# How can I see a paxs rating?



## avega2792 (May 29, 2017)

I've noticed that a lot of people talk about not taking pings for a pax with a low rating, but I can't figure out how to check a paxs rating at any point before/after I pock them up. I just started driving so I'm assuming I have the latest driver app on my phone. Any help?


----------



## Bevital (Mar 9, 2017)

Think it only shows for a few seconds when you first get the ping.


----------



## SEPA_UberDude (Apr 18, 2017)

Based on what I've seen on this forum the app behaves differently in different markets, but where I am when a ping comes in I see the type of service requested ( X, Pool, XL etc), the surge (if any) and the rider's rating.


----------



## avega2792 (May 29, 2017)

Thanks for the help, but if what you say is true then it probably doesn't do that in my area. I can see the type of uber requested on the ping, but I don't see the rider's rating. 


SEPA_UberDude said:


> Based on what I've seen on this forum the app behaves differently in different markets, but where I am when a ping comes in I see the type of service requested ( X, Pool, XL etc), the surge (if any) and the rider's rating.


----------



## Uberfunitis (Oct 21, 2016)

yea some markets don't show ratings on the acceptance page. I have heard that Chicago is one of those perhaps that feature will roll out to other markets as well if passenger get harassed for not tipping and taking pools in the form of low ratings.


----------



## kdyrpr (Apr 23, 2016)

I predict that eventually UBER not show ANYTHING. No distance, rating, address or even direction on a little cheesy map. You wait.


----------



## Jayman (May 26, 2015)

Uberfunitis said:


> yea some markets don't show ratings on the acceptance page. I have heard that Chicago is one of those perhaps that feature will roll out to other markets as well if passenger get harassed for not tipping and taking pools in the form of low ratings.

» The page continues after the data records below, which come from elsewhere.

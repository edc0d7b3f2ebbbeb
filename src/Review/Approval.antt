-- ===== src/Review/Approval.antt =====
-- What an approval rests on, over every schedule of calls on an empty ledger, and what
-- `approved_data_patch` gives out.
use acvjepa_project.Prelude.{
  Bool-cases, Option-cases, some_inj, ok, err, String, ◌≡◌, refl, sym, ap, ◌∙◌, subst, ◌≢◌, ◌⊎◌,
  inl, inr, Bool, true, false, some, List, [], ◌∷◌, arith, eq_iff,
}
use acvjepa_project.Review.{
  ReviewStatus, approved_for_data, CaseRow, not_approved, Cases, case_of, new_row, is_reviewable,
  is_safety_issue, first_verdict, awaits_second, is_approved, is_reviewer, DataPatch,
  approved_data_patch, Op, step, run,
}
use acvjepa_project.Review.Steps.{
  first_reviewed, verdict, second_reviewed, ReviewStep, stays, reviewed, decided, step-ReviewStep,
  step-new,
}
use acvjepa_project.Review.Records.{QuarantinedCase, CorrectionPatch}
use acvjepa_project.Prelude.Text.{is_blank}
use acvjepa_project.Prelude.Hashing.{Hashing}

-- The first review stands in the row, with a rationale, on evidence that is no safety issue.
pub record HasFirstReview (r : CaseRow) : Type 0 where
  pub review : CorrectionPatch
  pub patch_stored : r.first_patch ≡ some review
  pub reviewer_stored : r.first_reviewer ≡ some review.reviewer_id
  pub explained : is_blank review.rationale ≡ false
  pub harmless : is_safety_issue r.payload ≡ false

-- Besides, a second review by someone else does.
pub record HasBothReviews (r : CaseRow) : Type 0 where
  pub first_one : HasFirstReview r
  pub second_review : CorrectionPatch
  pub patch_stored : r.second_patch ≡ some second_review
  pub independent : second_review.reviewer_id ≢ first_one.review.reviewer_id

record IsReviewed (r : CaseRow) : Type 0 where
  first_one : awaits_second r.status ≡ true → HasFirstReview r
  both : is_approved r.status ≡ true → HasBothReviews r

new-IsReviewed : (c : QuarantinedCase) → IsReviewed (new_row c)
new-IsReviewed c = record {
  first_one = λ e. absurd (ground arith);
  both = λ e. absurd (ground arith);
}

first_verdict-harmless :
    (c : QuarantinedCase) → awaits_second (first_verdict c) ≡ true → is_safety_issue c ≡ false
first_verdict-harmless c e = ground arith

first_verdict-approves_none : (c : QuarantinedCase) → is_approved (first_verdict c) ≡ true → ⊥
first_verdict-approves_none c e = ground arith

first_reviewed-IsReviewed :
    (p : CorrectionPatch) (r : CaseRow)
    → is_blank p.rationale ≡ false
    → IsReviewed (first_reviewed p (first_verdict r.payload) r)
first_reviewed-IsReviewed p r said = record {
  first_one = λ e. record {
    review = p;
    patch_stored = refl;
    reviewer_stored = refl;
    explained = said;
    harmless = first_verdict-harmless r.payload e;
  };
  both = λ e. absurd (first_verdict-approves_none r.payload e);
}

verdict-final : (approve : Bool) → awaits_second (verdict approve) ≡ true → ⊥
verdict-final approve e = ground arith

-- The second review keeps the first one.
abbrev keeps_first :
    (p : CorrectionPatch) (approve : Bool) (r : CaseRow)
    → HasFirstReview r
    → HasFirstReview (second_reviewed p approve r)
keeps_first p approve r h = record {
  review = h.review;
  patch_stored = h.patch_stored;
  reviewer_stored = h.reviewer_stored;
  explained = h.explained;
  harmless = h.harmless;
}

same_reviewer : (id name : String) → id ≡ name → is_reviewer id (some name) ≡ false → ⊥
same_reviewer id name e h = ground (arith, eq_iff id name)

other_reviewer :
    (p : CorrectionPatch) (r : CaseRow) (h : HasFirstReview r)
    → is_reviewer p.reviewer_id r.first_reviewer ≡ false
    → p.reviewer_id ≢ h.review.reviewer_id
other_reviewer p r h other same =
    same_reviewer p.reviewer_id h.review.reviewer_id same
      (subst (λ n. is_reviewer p.reviewer_id n ≡ false) h.reviewer_stored other)

second_reviewed-IsReviewed :
    (p : CorrectionPatch) (approve : Bool) (r : CaseRow)
    → HasFirstReview r
    → is_reviewer p.reviewer_id r.first_reviewer ≡ false
    → IsReviewed (second_reviewed p approve r)
second_reviewed-IsReviewed p approve r h other = record {
  first_one = λ e. absurd (verdict-final approve e);
  both = λ e. record {
    first_one = keeps_first p approve r h;
    second_review = p;
    patch_stored = refl;
    independent = other_reviewer p r h other;
  };
}

ReviewStep-IsReviewed : (r r' : CaseRow) → ReviewStep r r' → IsReviewed r → IsReviewed r'
ReviewStep-IsReviewed r r' (stays e) i = rw e i
ReviewStep-IsReviewed r r' (reviewed p can said e) i = rw e (first_reviewed-IsReviewed p r said)
ReviewStep-IsReviewed r r' (decided p approve waits other e) i =
    rw e (second_reviewed-IsReviewed p approve r (i.first_one waits) other)

-- Every row that the ledger reads is reviewed as its status says.
abbrev AreReviewed : Cases → Type 0
AreReviewed rows = (id : String) (r : CaseRow) → case_of id rows ≡ some r → IsReviewed r

step-AreReviewed : (o : Op) (rows : Cases) → AreReviewed rows → AreReviewed (step o rows)
step-AreReviewed o rows i id r' found = elim (Option-cases (case_of id rows)) [
  | inl e ↦
      let (c, new) = step-new o rows id r' e found in subst IsReviewed (sym new) (new-IsReviewed c)
  | inr (r, e) ↦
      let (q, at, s) = step-ReviewStep o rows id r e in
      subst IsReviewed (some_inj (sym at ∙ found)) (ReviewStep-IsReviewed r q s (i id r e))
]

run-AreReviewed : (os : List Op) (rows : Cases) → AreReviewed rows → AreReviewed (run os rows)
unfolding run
run-AreReviewed [] rows i = i
run-AreReviewed (o ∷ os) rows i = run-AreReviewed os (step o rows) (step-AreReviewed o rows i)

-- Whatever calls were made since the ledger was empty, a case that is approved is no hardware or
-- sensor-contract issue and holds two reviews of different reviewers, the first with a rationale.
pub approved-HasBothReviews :
    (os : List Op) (id : String) (r : CaseRow)
    → case_of id (run os []) ≡ some r
    → r.status ≡ approved_for_data
    → HasBothReviews r
approved-HasBothReviews os id r found e =
    (run-AreReviewed os [] (λ i r h. absurd (ground arith)) id r found).both (rw e refl)

-- From `approved_data_patch`: what a successful call read.
given_patch :
    (h : Hashing) (id : String) (rows : Cases) (r : CaseRow) (p q : CorrectionPatch)
    → case_of id rows ≡ some r
    → r.status ≡ approved_for_data
    → r.first_patch ≡ some p
    → r.second_patch ≡ some q
    → (d : DataPatch) × (approved_data_patch h id rows ≡ (ok d, rows))
      × (d.source_evidence ≡ r.payload)
      × (d.first_review ≡ p)
      × (d.second_review ≡ q)
unfolding approved_data_patch
given_patch h id rows r p q found e e1 e2 = rw (found, e, e1, e2) (_, refl, refl, refl, refl)

refused_patch :
    (h : Hashing) (id : String) (rows : Cases)
    → ((r : CaseRow) → case_of id rows ≡ some r → r.status ≢ approved_for_data)
    → approved_data_patch h id rows ≡ (err not_approved, rows)
unfolding approved_data_patch
refused_patch h id rows unapproved = elim (Option-cases (case_of id rows)) [
  | inl e ↦ ground arith
  | inr (r, e) ↦ let n = unapproved r e in ground arith
]

abbrev IsUnapproved : String → Cases → Type 0
IsUnapproved id rows = (r : CaseRow) → case_of id rows ≡ some r → r.status ≢ approved_for_data

-- After any calls on an empty ledger, `approved_data_patch` never fails to read a review back: for an
-- approved case it returns the evidence with two reviews of different reviewers, and otherwise
-- it raises the error of a case not approved. It changes nothing.
pub patch_iff_approved :
    (h : Hashing) (os : List Op) (id : String)
    → ((d : DataPatch) × (r : CaseRow) × (case_of id (run os []) ≡ some r)
        × (r.status ≡ approved_for_data)
        × (approved_data_patch h id (run os []) ≡ (ok d, run os []))
        × (d.source_evidence ≡ r.payload)
        × (d.second_review.reviewer_id ≢ d.first_review.reviewer_id))
      ⊎ (((r : CaseRow) → case_of id (run os []) ≡ some r → r.status ≢ approved_for_data)
          × (approved_data_patch h id (run os []) ≡ (err not_approved, run os [])))
patch_iff_approved h os id = elim (Option-cases (case_of id (run os []))) [
  | inl e ↦
      let none_here : IsUnapproved id (run os []) = λ r found. absurd (ground arith) in
      inr (none_here, refused_patch h id (run os []) none_here)
  | inr (r, e) ↦ elim (Bool-cases (is_approved r.status)) [
    | inl approval ↦
        let status : r.status ≡ approved_for_data = approved r.status approval in
        let b : HasBothReviews r = approved-HasBothReviews os id r e status in
        let (d, given, evidence, one, two) =
          given_patch h id (run os []) r b.first_one.review b.second_review e status
            b.first_one.patch_stored b.patch_stored in
        inl (
          d,
          r,
          e,
          status,
          given,
          evidence,
          λ same. b.independent (
              ap (λ (x : CorrectionPatch). x.reviewer_id) (sym two)
              ∙ same
              ∙ ap (λ (x : CorrectionPatch). x.reviewer_id) one),
        )
    | inr not_yet ↦
        let unapproved : IsUnapproved id (run os []) = λ q found. differs q r found e not_yet in
        inr (unapproved, refused_patch h id (run os []) unapproved)
  ]
]
  where
    approved : (s : ReviewStatus) → is_approved s ≡ true → s ≡ approved_for_data
    approved approved_for_data e = refl
    approved s e = absurd (ground arith)

    differs :
        (q r : CaseRow)
        → case_of id (run os []) ≡ some q
        → case_of id (run os []) ≡ some r
        → is_approved r.status ≡ false
        → q.status ≢ approved_for_data
    differs q r at_q at_r no_approval same =
        let e : q ≡ r = some_inj (sym at_q ∙ at_r) in
        absurd (
          ground (
            arith,
            ap (λ (x : CaseRow). is_approved x.status) e,
            ap (λ (x : ReviewStatus). is_approved x) same,
          ))

-- A row in a status that takes no review never changes again, whatever calls follow.
pub run-IsFinal :
    (os : List Op) (rows : Cases) (id : String) (r : CaseRow)
    → case_of id rows ≡ some r
    → is_reviewable r.status ≡ false
    → awaits_second r.status ≡ false
    → case_of id (run os rows) ≡ some r
unfolding run
run-IsFinal [] rows id r found a b = found
run-IsFinal (o ∷ os) rows id r found a b =
    let (r', found', s) = step-ReviewStep o rows id r found in
    run-IsFinal os (step o rows) id r (found' ∙ ap some (settled r r' s a b)) a b
  where
    settled :
        (r r' : CaseRow)
        → ReviewStep r r'
        → is_reviewable r.status ≡ false
        → awaits_second r.status ≡ false
        → r' ≡ r
    settled r r' (stays e) a b = e
    settled r r' (reviewed p can said e) a b = absurd (ground arith)
    settled r r' (decided p approve waits other e) a b = absurd (ground arith)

It's true, us Chicago drivers can't see pax ratings. It definitely would have helped dodge some bad rides out there if we were able to see the ratings.


----------



## avega2792 (May 29, 2017)

Eff it, I'm just going to ignore pool requests all together regardless of distance or rider rating. I just started with lyft and I didn't accept a ping yesterday for a shit pool ping that the ******** didn't even show up for. Maybe I coulda gotten a tip with that lyft, or maybe I just really need to say **** the pool!


----------



## Vktinez (Jun 26, 2017)

Uber and Lyft are brand spanking new in my area. I received a message that my acceptance rate was 24 accepted/54 is that I passed on 54, that sound inaccurate. How am I supposed to accept pings while transporting passengers? I accept once a ride ends, but as a novice driver, I am more focused on providing a good passenger experience and not about grabbing more riders and collecting money. 
Should I be concerned? How do I contact Uber, I am fresh out of the box "new" and want to maintain this as a positive experience going forward.


----------



## NorCalPhil (Aug 19, 2016)

Give them a string of beads


----------